A year ago, George Floyd begged for air. I can’t breathe. His cry for breath against the knee of government force was not the first, nor, sadly, the last. But for some reason the country, and the world, seemed to listen to him a little more closely than those that came before. Why? Is it because at this time last year we were all paying close attention to our own lungs, anxious that if we couldn’t catch a full breath we might die? Is it because being more acquainted with the vulnerability of our own bodies we were able to see it in others? Or is it because after three months of obscuring numbers and graphs charting deaths we needed to hold onto a face, we needed to know one of the numbers lost? Or perhaps, simply, George Floyd’s death was enough? I don’t know, but I am grateful that something, in that moment, I’m grateful that lost breath, that stolen life, spoke to us and moved us to open ourselves up to hope and dream of something more. I’m grateful that we saw the absence of breath and were moved to work for a world where all people are allowed to breathe. I’m grateful that we saw a body pressed against the pavement, and moved our feet across miles of pavement, a gathering of bodies bringing life to skeletal streets. We saw the bones of oppression and we responded with action. 
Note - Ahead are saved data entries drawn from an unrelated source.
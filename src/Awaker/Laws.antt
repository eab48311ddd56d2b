-- ===== src/Awaker/Laws.antt =====
-- `wake` of src/core/core.hpp with a coroutine that waits and without, over a scheduler whose ring is
-- sound.
use sqkio.Common.{
  ℕ, suc, ◌-◌, ◌^◌, ◌<◌, ◌≡◌, ap, ◌∙◌, List, [], ◌∷◌, ◌++◌, none, some, length, lt→ltb,
}
use sqkio.Outcome.{ok}
use sqkio.Queue
use sqkio.Ring.Calls.Valid.{contents, IsValid}
use sqkio.Scheduler.{SqkScheduler}
use sqkio.Scheduler.Refine.{enqueue_lem}
use sqkio.Awaker.{Awaker, VoidAwaker, wake, void_wake}

pub push-room {ℓ} :
    {A : Type ℓ} (cap : ℕ) (q : List A) (x : A)
    → length q < cap
    → Queue.push cap q x ≡ (1, q ++ x ∷ [])
unfolding Queue.push
push-room cap q x room = rw (lt→ltb _ _ room)

module _ {W V : Type 0} (moved_from : V → V) (k fuel : ℕ) (ret : V) (a : Awaker W V)
    (s : SqkScheduler W) where
  pub wake-idle : a.handle ≡ none → wake moved_from fuel ret a s ≡ ok (record a { ret = ret }, s)
  unfolding wake
  wake-idle e = rw e

  -- With room in the queue the coroutine that waits goes to its end.
  pub wake-waiting :
      (handle : W)
      → a.handle ≡ some handle
      → IsValid 8 k s.queue
      → length (contents 8 s.queue) < 2 ^ k - 1
      → (s' : SqkScheduler W) × (wake moved_from (suc fuel) ret a s
          ≡ ok (record { handle = some handle; ret = ret }, s'))
        × IsValid 8 k s'.queue
        × (contents 8 s'.queue ≡ contents 8 s.queue ++ (handle ∷ []) ∷ [])
        × (s'.stopped ≡ s.stopped)
  unfolding wake
  wake-waiting handle e v room =
      let (s', runs, valid, held, same) = enqueue_lem k fuel handle s v in
      (
        s',
        rw (e, runs),
        valid,
        held
            ∙ ap (λ (p : ℕ × List (List W)). p.1)
                (push-room (2 ^ k - 1) (contents 8 s.queue) (handle ∷ []) room),
        same,
      )

-- The same for an awaker of `void`.
pub void_wake-waiting :
    {W : Type 0} (k fuel : ℕ) (a : VoidAwaker W) (s : SqkScheduler W) (handle : W)
    → a.handle ≡ some handle
    → IsValid 8 k s.queue
    → length (contents 8 s.queue) < 2 ^ k - 1
    → (s' : SqkScheduler W) × (void_wake (suc fuel) a s ≡ ok (a, s'))
      × (contents 8 s'.queue ≡ contents 8 s.queue ++ (handle ∷ []) ∷ [])
unfolding void_wake
void_wake-waiting {W} k fuel a s handle e v room =
    let (s', runs, valid, held, same) = enqueue_lem k fuel handle s v in
    (
      s',
      rw (e, runs),
      held
          ∙ ap (λ (p : ℕ × List (List W)). p.1)
              (push-room (2 ^ k - 1) (contents 8 s.queue) (handle ∷ []) room),
    )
I guess I’m wondering if the other breathless moments and lifeless spaces of this pandemic might also lead to reflective transformation. As we return to familiar routines can we, will we peer back and consider the skeletal structures that arrange our lives? Will we mark the articulate systems that maintain a semblance of order, but have little space for living breathing bodies?

Can these bones live? O Lord God, you know. 

There is a lot of work to do to ready these bones for life, for breath. These bones scattered by individualizing forces of sterile institutions must come back together. These faces broken apart into their own rectangles must return to one another. These bodies learning, praying, eating, breathing in isolation must find each other again. We must return to the work of community. 

And these bones, once together, they need flesh. These faces need laughter. These ears need song. These bodies need dance. We need to be wrapped in the sinews of sensuality, in the fleshiness of presence, in the skin of movement and embrace. We must return to tending to one another, allowing the inherent vulnerability of our bodies to create moments of giving and receiving. 

And when we have come together, when we have embraced an embodied existence, as on the day of Pentecost…

Into this space, the Holy Spirit moves, breathing through the gathered, through us. A sound like the rush of a violent wind, tongues as of fire resting

The Holy Spirit works through anticipating subjects, speaking a healing and transforming grace that reaches further than we can comprehend. Upon this crowd, the spirit pours dreams and visions of righteousness enacted. Into this space the spirit sends gospel tongues of belonging. This is not a generalizing force that dismisses the specific gifts and needs of each person. No, the Spirit breathes a diverse array of fiery tongues, resting on each individual, celebrating the complexity of difference. Here, the Spirit looks upon a divided world and sighs a sensual embrace of love that draws us together. 

The Spirit feels the ache of lifeless bones, hears the gasps of hope, and hums the fiery rhythm of life-giving dance, moving the crowd to an intoxicating sway of hopeful justice. They’re dancing! At nine o’clock in the morning. 

So, I guess my question is, are we ready to dance? Are we ready for the Holy Spirit to fill us? 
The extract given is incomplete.